Active learning for regression in engineering populations: a risk-informed approach

Regression is a fundamental prediction task common in data-centric engineering applications that involves learning mappings between continuous variables. In many engineering applications (e.g., structural health monitoring), feature-label pairs used to learn such mappings are of limited availability, which hinders the effectiveness of traditional supervised machine learning approaches. This paper proposes a methodology for overcoming the issue of data scarcity by combining active learning (AL) for regression with hierarchical Bayesian modeling. AL is an approach for preferentially acquiring feature-label pairs in a resource-efficient manner. In particular, the current work adopts a risk-informed approach that leverages contextual information associated with regression-based engineering decision-making tasks (e.g., inspection and maintenance). Hierarchical Bayesian modeling allow multiple related regression tasks to be learned over a population, capturing local and global effects.
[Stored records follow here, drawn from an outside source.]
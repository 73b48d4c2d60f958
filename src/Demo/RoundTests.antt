-- ===== src/Demo/RoundTests.antt =====
-- Rounds of examples/mvbsniffer/reconnect.c, with and without a device.
use io4edge_client_c.Base.{ℕ, ◌≡◌, refl, false, none, List, [], ◌∷◌}
use io4edge_client_c.Err.{fail, err_no_mem, err_timeout}
use io4edge_client_c.Exec.{Exec, returns}
use io4edge_client_c.Streamq
use io4edge_client_c.Streamq.{streamq_new}
use io4edge_client_c.Socket.{
  select, read_complete, header_len, read_payload, read_frame, read_msg, put_header, send_all,
  write_msg,
}
use io4edge_client_c.Client.{
  command, await, run_thread, thread_step, receive, dispatch, deliver, push_stream, check_response,
  check_status,
}
use io4edge_client_c.Functionblock
use io4edge_client_c.Functionblock.{
  config_response, fc_response, finish, request, order, take_stream,
}
use io4edge_client_c.Blocks.{value_of}
use io4edge_client_c.Lifecycle.{
  Held, World, transport_connect, transport_new, with_thread, with_transport, client_new,
  client_delete, destroy, streamq_delete, give_up,
}
use io4edge_client_c.Demo.{
  Turn, pure, ◌>>=◌, print, hold, free_value, free_stream_data, when, each, unless_ok, follow,
  take_turn, ask, fetch, tell, read_stream,
}
use io4edge_client_c.Demo.Device.{codec, prompt, frames, grants, device, nothing_held}
use io4edge_client_c.Demo.Sniffer.{
  Generated, Line, reconnecting, failed_client, failed_start, failed_stream,
}
use io4edge_client_c.Demo.Reconnect.{handle_session, round, rounds}
use io4edge_client_c.Demo.Reconnect.Rounds.{rounds_hold_nothing}

abbrev sniffer : Generated
sniffer = record {
  messages = record {
    function_control_set = record { pack = λ m. []; name = [] };
    stream_control_start = record { pack = λ c. []; name = [] };
  };
  telegram_collection_unpack = λ bytes. none;
  successful = 0;
  timed_out = 1;
  missed_mvb_frames = 2;
  missed_telegrams = 4;
  type_names = [];
}

-- A round without memory for a client, one whose stream is not started in time, and one whose device is not there.
abbrev worlds : List (World × List Turn)
worlds =
    (record (device []) { client_block = false }, [])
    ∷ (device (frames 1 b'B' 1), prompt ∷ prompt ∷ [])
    ∷ (record (device []) { connects = false }, [])
    ∷ []

abbrev all_rounds : Exec (Held × ℕ × List Line)
all_rounds = rounds sniffer codec grants worlds nothing_held []

reconnected :
    all_rounds
    ≡ returns (
      nothing_held,
      0,
      reconnecting
          ∷ failed_client err_no_mem
          ∷ reconnecting
          ∷ failed_start err_timeout
          ∷ failed_stream
          ∷ reconnecting
          ∷ failed_client fail
          ∷ [],
    )
unfolding handle_session round rounds ◌>>=◌ print hold pure when each unless_ok follow free_value
    free_stream_data take_turn ask fetch tell read_stream request order finish value_of
    config_response fc_response command await run_thread thread_step receive dispatch deliver
    push_stream check_response check_status Functionblock.read_stream take_stream Streamq.push
    Streamq.pop Streamq.push_store Streamq.pop_take Streamq.push_post Streamq.pop_post
    Streamq.advance_idx Streamq.get_timeout Streamq.oldest client_new transport_new
    transport_connect with_transport with_thread streamq_new client_delete destroy streamq_delete
    write_msg send_all put_header read_msg read_frame read_payload read_complete select header_len
    give_up
reconnected = refl

rounds_hold_nothing_example : nothing_held ≡ nothing_held
rounds_hold_nothing_example =
    rounds_hold_nothing sniffer codec grants worlds nothing_held [] reconnected
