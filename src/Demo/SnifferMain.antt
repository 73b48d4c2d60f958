-- ===== src/Demo/SnifferMain.antt =====
-- The program examples/mvbsniffer/main.c: one session, with a line for each telegram.
pub mod Frees
use io4edge_client_c.Base.{ℕ, zero, suc, Bool, Option, none, some, List, length}
use io4edge_client_c.Err.{Err}
use io4edge_client_c.Exec.{fault}
use io4edge_client_c.Transport.{Transport}
use io4edge_client_c.Proto.{StreamData, Codec, c_string}
use io4edge_client_c.Blocks.MvbSniffer.{send_pattern, start_stream}
use io4edge_client_c.Exec.{Exec}
use io4edge_client_c.Socket.{socket_transport}
use io4edge_client_c.Lifecycle.{Held, World}
use io4edge_client_c.Demo.{Turn}
use io4edge_client_c.Demo.Main.{Finished, run_main}
use io4edge_client_c.Demo.{
  Act, pure, ◌>>=◌, ◌>>◌, print, each, free_value, free_stream_data, unless_ok, follow, ask, tell,
  read_stream,
}
use io4edge_client_c.Demo.Text.{Buffer}
use io4edge_client_c.Demo.Telegram.{Telegram, telegram_to_string, main_addr}
use io4edge_client_c.Demo.Sniffer.{
  test_pattern, TelegramCollection, Generated, Line, failed_client, failed_pattern, failed_start,
  failed_read, received, telegram, stream_attr, config, check_telegram,
}

module _ {S : Type 0} where
  -- `printf("%s\n", …)` of a line; a byte stored outside the buffer is a fault.
  unfoldable pub print_line : Option Buffer → Act S Line (Unit {0})
  print_line none = λ r. fault
  print_line (some b) = print (telegram (c_string b.bytes))

module _ {S : Type 0} (pb : Generated) (codec : Codec) (tr : Transport S) where
  -- What the loop does with one telegram; `char buf[200]`.
  unfoldable pub show_telegram : Telegram → Act S Line (Unit {0})
  show_telegram t = do
    check_telegram pb t
    print_line (telegram_to_string main_addr pb.type_names 200 t)

  -- What the loop does with one message.
  unfoldable pub take_message : StreamData × TelegramCollection → Act S Line (Unit {0})
  take_message (stream_data, fs_stream_data) = do
    print (received (length fs_stream_data.entry) stream_data.sequence)
    each fs_stream_data.entry show_telegram
    free_value
    free_stream_data

  -- The loop over `n` messages.
  unfoldable pub read_loop : ℕ → Act S Line ℕ
  read_loop zero = pure 0
  read_loop (suc n) = do
    (err, message) ← read_stream codec tr pb.telegram_collection_unpack 2
    unless_ok err failed_read (follow message (λ m. take_message m >> read_loop n))

  -- `main` from the new client on to its deletion.
  unfoldable pub body : Act S Line ℕ
  body = do
    (err, nothing) ← ask codec tr (send_pattern pb.messages codec tr test_pattern)
    unless_ok err failed_pattern (do
      err ← tell codec tr (start_stream pb.messages codec tr config stream_attr)
      unless_ok err failed_start (read_loop 5))

-- `main`
abbrev pub main : Generated → Codec → (ℕ → Bool) → World → List Turn → Held → Exec (Finished Line)
main pb codec malloc w turns =
    run_main w turns failed_client (body pb codec (socket_transport malloc))
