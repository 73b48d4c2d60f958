-- ===== src/Demo/SnifferMain/Frees.antt =====
-- What examples/mvbsniffer/main.c frees.
use io4edge_client_c.Base.{ℕ, zero, suc, Option, none, some}
use io4edge_client_c.Transport.{Transport}
use io4edge_client_c.Proto.{StreamData, Codec}
use io4edge_client_c.Demo.Text.{Buffer}
use io4edge_client_c.Demo.Telegram.{Telegram}
use io4edge_client_c.Demo.Sniffer.{
  TelegramCollection, Generated, Line, failed_pattern, failed_start, failed_read,
}
use io4edge_client_c.Demo.Sniffer.{failed_client}
use io4edge_client_c.Demo.SnifferMain.{
  print_line, show_telegram, take_message, read_loop, body, main,
}
use io4edge_client_c.Demo.Ensures.{
  Ensures, >>=-Ensures, weaken, strengthen, Owes, print-Ensures, free_value-Ensures,
  free_stream_data-Ensures,
}
use io4edge_client_c.Demo.Control.{
  Kept, unless_ok-Kept, pure-Kept, each-Ensures, follow-Ensures, handed,
}
use io4edge_client_c.Demo.Calls.{
  ask-Ensures, tell-Ensures, read_stream-Ensures, request-Settles, order-Settles,
}
use io4edge_client_c.Demo.Reconnect.Frees.{check_telegram-Ensures}
use io4edge_client_c.Demo.{Turn}
use io4edge_client_c.Demo.Ensures.{turn_steps}
use io4edge_client_c.Demo.Main.{Finished}
use io4edge_client_c.Demo.Main.Clean.{IsClean, clean}
use io4edge_client_c.Lifecycle.{Held, World}
use io4edge_client_c.Sem.{sem_value_max}
use io4edge_client_c.Exec.{returns}
use io4edge_client_c.Socket.{socket_transport}
use io4edge_client_c.Base.{◌≤◌}
use io4edge_client_c.Base.{Bool, List, ◌+◌, ◌≡◌, arith}

module _ {S : Type 0} {out values blocks k : ℕ} (pb : Generated) where
  print_line-Ensures :
      (o : Option Buffer)
      → Ensures {S = S} (Owes out values blocks k) (print_line o) (λ u. Owes out values blocks k)
  unfolding print_line
  print_line-Ensures none = record { holds = λ r p a r' eq. absurd (ground arith) }
  print_line-Ensures (some b) = print-Ensures _

  show_telegram-Ensures :
      (codec : Codec) (tr : Transport S) (t : Telegram)
      → Ensures {S = S}
          (Owes out values blocks k)
          (show_telegram pb codec tr t)
          (λ u. Owes out values blocks k)
  unfolding show_telegram
  show_telegram-Ensures codec tr t =
      >>=-Ensures (check_telegram-Ensures pb t) (λ u. print_line-Ensures _)

module _ {S : Type 0} {out values blocks k : ℕ} (pb : Generated) where
  take_message-Ensures :
      (codec : Codec) (tr : Transport S) (m : StreamData × TelegramCollection)
      → Ensures
          (Owes (out + 1) (values + 1) blocks k)
          (take_message pb codec tr m)
          (λ u. Owes out values blocks k)
  unfolding take_message
  take_message-Ensures codec tr m = >>=-Ensures (print-Ensures _) (λ u.
      >>=-Ensures (each-Ensures _ (λ t. show_telegram-Ensures pb codec tr t))
        (λ u. >>=-Ensures free_value-Ensures (λ u. free_stream_data-Ensures)))

module _ {S : Type 0} {k : ℕ} (pb : Generated) (codec : Codec) (tr : Transport S) where
  read_loop-Kept : (n : ℕ) → Ensures {S = S} (Owes 0 0 0 k) (read_loop pb codec tr n) (Kept 0 0 0 k)
  unfolding read_loop
  read_loop-Kept zero = pure-Kept
  read_loop-Kept (suc n) =
      >>=-Ensures (read_stream-Ensures codec tr pb.telegram_collection_unpack 2) (λ a.
        unless_ok-Kept a.0 failed_read (λ good. follow-Ensures a.1 (λ m e.
          strengthen (λ r d. handed 0 0 0 k a.0 a.1 m r e d)
            (>>=-Ensures (take_message-Ensures pb codec tr m) (λ u. read_loop-Kept n)))))

  body-Kept : Ensures {S = S} (Owes 0 0 0 k) (body pb codec tr) (Kept 0 0 0 k)
  unfolding body
  body-Kept = >>=-Ensures (ask-Ensures codec tr _ (request-Settles codec tr _ _ _)) (λ a.
      unless_ok-Kept a.0 failed_pattern (λ good.
        >>=-Ensures (tell-Ensures codec tr _ (order-Settles codec tr _))
          (λ err. unless_ok-Kept err failed_start (λ good. read_loop-Kept 5))))

-- examples/mvbsniffer/main.c: where its `main` returns 0, it holds no block, socket or thread of the library more than
-- before, and no unpacked telegrams; of the unpacked messages those are left that its client still had when it was deleted.
pub sniffer_main-IsClean :
    (pb : Generated) (codec : Codec) (malloc : ℕ → Bool) (w : World) (turns : List Turn)
    (held : Held) {f : Finished Line}
    → turn_steps turns ≤ sem_value_max
    → main pb codec malloc w turns held ≡ returns f
    → f.ret ≡ 0
    → IsClean held f
sniffer_main-IsClean pb codec malloc w turns held few =
    clean w turns failed_client _ held few
      (weaken (body-Kept pb codec (socket_transport malloc)) (λ ret r q. q.kept))
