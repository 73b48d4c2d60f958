-- ===== src/Demo/Telegram/Fit.antt =====
-- Which telegrams fit into the 200 bytes of examples/mvbsniffer/main.c.
use Prim.Native.String.{String}
use io4edge_client_c.Base.{
  ℕ, ◌+◌, ◌*◌, ◌≤◌, ◌<◌, ◌≡◌, inl, inr, refl, sym, ◌∙◌, some, Option-cases, List, [], ◌∷◌, ◌++◌,
  map, length, lt→ltb, length-append, take, arith,
}
use io4edge_client_c.Demo.Text.{text, hex, hex_byte, name_of, Buffer, append, append_all, blank}
use io4edge_client_c.Demo.Text.Room.{concat, append_all-cons, append_all-fits}
use io4edge_client_c.Demo.Text.Width.{length-decimal, length-hex, length-padded, length-hex_byte}
use io4edge_client_c.Demo.Telegram.{
  Telegram, heading, append_bytes, append_data, telegram_to_string, main_addr, reconnect_addr,
  reconnect_telegram_to_string,
}

abbrev byte_text : ℕ → List ℕ
byte_text byte = text " " ++ hex_byte byte

-- The texts that `telegram_to_string` appends.
abbrev pub data_texts : List ℕ → List (List ℕ)
data_texts [] = []
data_texts (byte ∷ rest) = text " data=" ∷ map byte_text (byte ∷ rest)

abbrev pub texts : String → List (List ℕ) → Telegram → List (List ℕ)
texts addr names t = heading addr names t ∷ data_texts t.data_bytes

append_bytes-all :
    (bytes : List ℕ) (b : Buffer) → append_bytes bytes b ≡ append_all (map byte_text bytes) b
unfolding append_bytes append_all
append_bytes-all [] b = refl
append_bytes-all (byte ∷ rest) b = elim (Option-cases (append (byte_text byte) b)) [
  | inl out ↦ rw (append_bytes, append_all, out) refl
  | inr (b', one) ↦ rw (append_bytes, append_all, one) (append_bytes-all rest b')
]

append_data-all :
    (bytes : List ℕ) (b : Buffer) → append_data bytes b ≡ append_all (data_texts bytes) b
unfolding append_data append_all
append_data-all [] b = refl
append_data-all (byte ∷ rest) b = elim (Option-cases (append (text " data=") b)) [
  | inl out ↦ ground arith
  | inr (b', one) ↦
      let opened : append_data (byte ∷ rest) b ≡ append_bytes (byte ∷ rest) b' =
        rw (append_data, lt→ltb 0 (length (byte ∷ rest)) (omega arith), one) refl in
      opened
      ∙ append_bytes-all (byte ∷ rest) b'
      ∙ sym (append_all-cons (text " data=") (map byte_text (byte ∷ rest)) b one)
]

-- The function is one text after another.
telegram_to_string-all :
    (addr : String) (names : List (List ℕ)) (buf_len : ℕ) (t : Telegram)
    → telegram_to_string addr names buf_len t ≡ append_all (texts addr names t) (blank buf_len)
unfolding telegram_to_string append_all
telegram_to_string-all addr names buf_len t =
    elim (Option-cases (append (heading addr names t) (blank buf_len))) [
      | inl out ↦ rw (telegram_to_string, append_all, out) refl
      | inr (b', one) ↦ rw (telegram_to_string, append_all, one) (append_data-all t.data_bytes b')
    ]

length-byte_texts : (bytes : List ℕ) → length (concat (map byte_text bytes)) ≡ 3 * length bytes
length-byte_texts [] = refl
length-byte_texts (byte ∷ rest) = omega (
  arith,
  length-append (byte_text byte) (concat (map byte_text rest)),
  length-append (text " ") (hex_byte byte),
  length-hex_byte byte,
  length-byte_texts rest,
)

length-heading :
    (names : List (List ℕ)) (t : Telegram)
    → (length (heading main_addr names t) ≤ 50 + length (name_of names t.type))
      × (25 + length (name_of names t.type) ≤ length (heading main_addr names t))
      × (length (heading reconnect_addr names t) ≤ 51 + length (name_of names t.type))
unfolding heading
length-heading names t =
    let a = length-decimal t.timestamp in
    let b = length-hex t.address in
    let c = length-padded b'0' 3 (hex t.address) in
    (
      simp (length-append) (omega arith),
      simp (length-append) (omega arith),
      simp (length-append) (omega arith),
    )

length-data_texts :
    (bytes : List ℕ) → 0 < length bytes → length (concat (data_texts bytes)) ≡ 6 + 3 * length bytes
length-data_texts [] h = absurd (omega arith)
length-data_texts (byte ∷ rest) h = omega (arith, length-byte_texts (byte ∷ rest))

length-data_most : (bytes : List ℕ) → length (concat (data_texts bytes)) ≤ 6 + 3 * length bytes
length-data_most [] = omega arith
length-data_most (byte ∷ rest) = omega (arith, length-data_texts (byte ∷ rest) (omega arith))

-- `telegram_to_string` of main.c on its 200 bytes: if the telegram's data and the name of its type are short,
-- 3 characters for each byte and the name together under 144, all texts are in the buffer in their order, with a NUL
-- behind them, and nothing is stored outside.
pub telegram_fits :
    (names : List (List ℕ)) (t : Telegram)
    → length (name_of names t.type) + 3 * length t.data_bytes < 144
    → (b : Buffer) × (telegram_to_string main_addr names 200 t ≡ some b)
      × (take (length (concat (texts main_addr names t)) + 1) b.bytes
          ≡ concat (texts main_addr names t) ++ 0 ∷ [])
telegram_fits names t short =
    let (most, least, reconnect_most) = length-heading names t in
    let rest = length-data_most t.data_bytes in
    let both = length-append (heading main_addr names t) (concat (data_texts t.data_bytes)) in
    let (b, done, content) =
      append_all-fits 200 (texts main_addr names t) (omega arith) (omega arith) in
    (b, telegram_to_string-all main_addr names 200 t ∙ done, content)

-- The same for the function of reconnect.c, with one character less for the data and the name.
reconnect_telegram_fits :
    (names : List (List ℕ)) (t : Telegram)
    → length (name_of names t.type) + 3 * length t.data_bytes < 143
    → (b : Buffer) × (reconnect_telegram_to_string names 200 t ≡ some b)
      × (take (length (concat (texts reconnect_addr names t)) + 1) b.bytes
          ≡ concat (texts reconnect_addr names t) ++ 0 ∷ [])
reconnect_telegram_fits names t short =
    let (most, least, reconnect_most) = length-heading names t in
    let rest = length-data_most t.data_bytes in
    let both = length-append (heading reconnect_addr names t) (concat (data_texts t.data_bytes)) in
    let (b, done, content) =
      append_all-fits 200 (texts reconnect_addr names t) (omega arith) (omega arith) in
    (b, telegram_to_string-all reconnect_addr names 200 t ∙ done, content)
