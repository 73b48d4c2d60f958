-- ===== src/Demo/Tests.antt =====
-- The programs under examples at scripted devices.
use io4edge_client_c.Base.{ℕ, ◌≡◌, ◌⊎◌, refl, false, none, some, List, [], ◌∷◌, arith}
use io4edge_client_c.Err.{err_timeout}
use io4edge_client_c.Exec.{returns}
use io4edge_client_c.Streamq
use io4edge_client_c.Client.{
  command, await, run_thread, thread_step, receive, dispatch, deliver, push_stream, check_response,
  check_status,
}
use io4edge_client_c.Client.Bench.{Script, script, client, client-IsBalanced}
use io4edge_client_c.Functionblock
use io4edge_client_c.Functionblock.{
  config_response, fc_response, finish, request, order, take_stream,
}
use io4edge_client_c.Demo.{
  Run, pure, ◌>>=◌, print, hold, free_value, free_stream_data, when, each, unless_ok, follow,
  take_turn, ask, tell, read_stream,
}
use io4edge_client_c.Demo.Device.{codec, prompt, pushed, late, end}
use io4edge_client_c.Demo.Ensures.{Owes}
use io4edge_client_c.Demo.Telegram.{Telegram}
use io4edge_client_c.Demo.Sniffer.{
  Generated, Line, received, no_slave_frame, failed_read, check_telegram,
}
use io4edge_client_c.Demo.Reconnect.{take_message, read_loop, handle_session}
use io4edge_client_c.Demo.CanSample.{
  Sample, data_texts, timestamp_text, error_text, state_text, sample_to_string,
}
use io4edge_client_c.Demo.Text.{append, append_all, decimal, digits, padded, name_of}
use io4edge_client_c.Demo.Can
use io4edge_client_c.Demo.Can.Frees.{dump_leaks}
use io4edge_client_c.Demo.Reconnect.Frees.{session_frees}

-- A telegram for each byte of a message: the byte is its state.
abbrev telegrams : List ℕ → List Telegram
telegrams [] = []
telegrams (s ∷ states) =
    record { timestamp = 1; address = 2; type = 0; state = s; data_bytes = 3 ∷ [] }
    ∷ telegrams states

abbrev sniffer : Generated
sniffer = record {
  messages = record {
    function_control_set = record { pack = λ m. m; name = [] };
    stream_control_start = record { pack = λ c. []; name = [] };
  };
  telegram_collection_unpack = λ bytes. some (record { entry = telegrams bytes });
  successful = 0;
  timed_out = 1;
  missed_mvb_frames = 2;
  missed_telegrams = 4;
  type_names = [];
}

abbrev session_start : Run Script Line
session_start = record {
  client = client ((b'B' ∷ 1 ∷ []) ∷ (b'D' ∷ 3 ∷ []) ∷ (5 ∷ 4 ∷ 0 ∷ 1 ∷ []) ∷ []);
  turns = prompt ∷ prompt ∷ pushed ∷ late ∷ [];
  values = 0;
  blocks = 0;
  printed = [];
}

abbrev session_end : Run Script Line
session_end = end (handle_session sniffer codec script session_start) session_start

session_returns : handle_session sniffer codec script session_start ≡ returns (1, session_end)
unfolding handle_session read_loop take_message check_telegram pure ◌>>=◌ print hold free_value
    free_stream_data when each unless_ok follow take_turn ask tell read_stream request order finish
    config_response fc_response command await run_thread thread_step receive dispatch deliver
    push_stream check_response check_status Functionblock.read_stream take_stream Streamq.push
    Streamq.pop Streamq.push_store Streamq.pop_take Streamq.push_post Streamq.pop_post
    Streamq.advance_idx Streamq.get_timeout Streamq.oldest
session_returns = refl

-- The report on the first telegram's second fellow, and the read that waits in vain.
session_lines : session_end.printed ≡ received 2 5 ∷ no_slave_frame ∷ failed_read err_timeout ∷ []
unfolding handle_session read_loop take_message check_telegram pure ◌>>=◌ print hold free_value
    free_stream_data when each unless_ok follow take_turn ask tell read_stream request order finish
    config_response fc_response command await run_thread thread_step receive dispatch deliver
    push_stream check_response check_status Functionblock.read_stream take_stream Streamq.push
    Streamq.pop Streamq.push_store Streamq.pop_take Streamq.push_post Streamq.pop_post
    Streamq.advance_idx Streamq.get_timeout Streamq.oldest
session_lines = refl

session_start-Owes : Owes 0 0 0 0 session_start
session_start-Owes = record {
  balanced = record { queue = (client-IsBalanced []).queue; counts = omega arith; owned = refl };
  unpacked = refl;
  allocated = refl;
}

session_frees_example :
    (◌≡◌ {A = ℕ} 1 0) × Owes 0 0 0 0 session_end
    ⊎ (◌≡◌ {A = ℕ} 1 1) × (Owes 0 0 0 0 session_end ⊎ Owes 1 0 0 0 session_end)
session_frees_example =
    session_frees sniffer codec script session_start session_returns session_start-Owes

abbrev no_frame : Sample
no_frame = record {
  timestamp = 1;
  isdataframe = false;
  frame = none;
  error = 0;
  controllerstate = 0;
}

-- dumpstream.c and one message of two samples.
abbrev can : Can.Generated ℕ
can = record {
  messages = record {
    configuration_set = record { pack = λ c. []; name = [] };
    configuration_get = record { pack = λ c. []; name = [] };
    configuration_get_response = λ bytes. none;
    function_control_set = record { pack = λ f. []; name = [] };
    function_control_get = record { pack = λ c. []; name = [] };
    function_control_get_response = λ bytes. none;
    stream_control_start = record { pack = λ c. []; name = [] };
  };
  stream_data_unpack = λ bytes. some (no_frame ∷ no_frame ∷ []);
  names = record { error_events = []; controller_states = [] };
}

abbrev dump_start : Run Script Can.Line
dump_start = record {
  client = client ((b'B' ∷ 3 ∷ []) ∷ (5 ∷ 4 ∷ []) ∷ []);
  turns = prompt ∷ pushed ∷ [];
  values = 0;
  blocks = 0;
  printed = [];
}

abbrev dump_end : Run Script Can.Line
dump_end = end (Can.dump can codec script 1 dump_start) dump_start

dumped : Can.dump can codec script 1 dump_start ≡ returns (0, dump_end)
unfolding Can.dump Can.dump_loop Can.dump_message Can.print_sample data_texts error_text state_text
    timestamp_text sample_to_string append append_all decimal digits padded name_of ◌>>=◌ print hold
    pure each unless_ok follow take_turn tell read_stream order command await run_thread thread_step
    receive dispatch deliver push_stream check_response check_status Functionblock.read_stream
    take_stream Streamq.push Streamq.pop Streamq.push_store Streamq.pop_take Streamq.push_post
    Streamq.pop_post Streamq.advance_idx Streamq.get_timeout Streamq.oldest
dumped = refl

dump_start-Owes : Owes 0 0 0 0 dump_start
dump_start-Owes = record {
  balanced = record { queue = (client-IsBalanced []).queue; counts = omega arith; owned = refl };
  unpacked = refl;
  allocated = refl;
}

dump_leaks_example : Owes 1 1 0 0 dump_end
dump_leaks_example = dump_leaks can codec script 1 dump_start dumped dump_start-Owes
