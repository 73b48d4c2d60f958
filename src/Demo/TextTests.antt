-- ===== src/Demo/TextTests.antt =====
-- Lines of text that fit, and one that does not.
use io4edge_client_c.Base.{
  ℕ, ◌+◌, ◌≡◌, refl, true, false, none, some, [], ◌∷◌, ◌++◌, length, take, replicate, arith,
}
use io4edge_client_c.Demo.Text.{text, decimal, digits, hex, hex_byte, padded, name_of, Buffer}
use io4edge_client_c.Demo.Text.Room.{concat}
use io4edge_client_c.Demo.Telegram.{Telegram, heading, telegram_to_string, main_addr}
use io4edge_client_c.Demo.Telegram.Fit.{texts, telegram_fits}
use io4edge_client_c.Demo.CanSample.{Names, Sample, CanFrame, sample_to_string}
use io4edge_client_c.Demo.CanSample.Fit.{line, sample_fits, sample_overruns}

abbrev telegram : ℕ → Telegram
telegram n = record {
  timestamp = 12;
  address = 1;
  type = 9;
  state = 0;
  data_bytes = replicate n 0x2f;
}

spelled_out :
    concat (texts main_addr [] (telegram 2)) ≡ text "Telegram: ts=12 addr=001, unknown, data= 2f 2f"
unfolding heading decimal digits hex hex_byte padded name_of
spelled_out = refl

unknown_type : (n : ℕ) → length (name_of [] (telegram n).type) ≡ 7
unfolding name_of
unknown_type n = refl

telegram_fits_example :
    (b : Buffer) × (telegram_to_string main_addr [] 200 (telegram 2) ≡ some b)
    × (take (length (concat (texts main_addr [] (telegram 2))) + 1) b.bytes
        ≡ concat (texts main_addr [] (telegram 2)) ++ 0 ∷ [])
telegram_fits_example = telegram_fits [] (telegram 2) (omega (arith, unknown_type 2))

abbrev names : Names
names = record { error_events = text "NONE" ∷ []; controller_states = text "OK" ∷ [] }

abbrev frame : ℕ → CanFrame
frame n = record {
  messageid = 0x100;
  extendedframeformat = false;
  remoteframe = false;
  data_bytes = replicate n 1;
}

abbrev sample : ℕ → Sample
sample n = record {
  timestamp = 5;
  isdataframe = true;
  frame = some (frame n);
  error = 0;
  controllerstate = 0;
}

error_name : (n : ℕ) → length (name_of names.error_events (sample n).error) ≡ 4
unfolding name_of
error_name n = refl

state_name : (n : ℕ) → length (name_of names.controller_states (sample n).controllerstate) ≡ 2
unfolding name_of
state_name n = refl

sample_fits_example :
    (b : Buffer) × (sample_to_string names 200 (sample 8) ≡ some b)
    × (take (length (line names (frame 8) (sample 8)) + 1) b.bytes
        ≡ line names (frame 8) (sample 8) ++ 0 ∷ [])
sample_fits_example =
    sample_fits names (sample 8) (frame 8) refl refl (omega (arith, error_name 8, state_name 8))

sample_overruns_example : sample_to_string names 200 (sample 55) ≡ none
sample_overruns_example =
    sample_overruns names (sample 55) (frame 55) refl refl (omega arith) (omega arith)
      (omega (arith, error_name 55))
The information sharing facilitated by this modeling approach means that information acquired for one engineering system can improve predictive performance across the population. The proposed methodology is demonstrated using an experimental case study. Specifically, multiple regressions are performed over a population of machining tools, where the quantity of interest is the surface roughness of the workpieces. An inspection and maintenance decision process is defined using these regression tasks, which is in turn used to construct the active-learning algorithm. The novel methodology proposed is benchmarked against an uninformed approach to label acquisition and independent modeling of the regression tasks. It is shown that the proposed approach has superior performance in terms of expected cost—maintaining predictive performance while reducing the number of inspections required.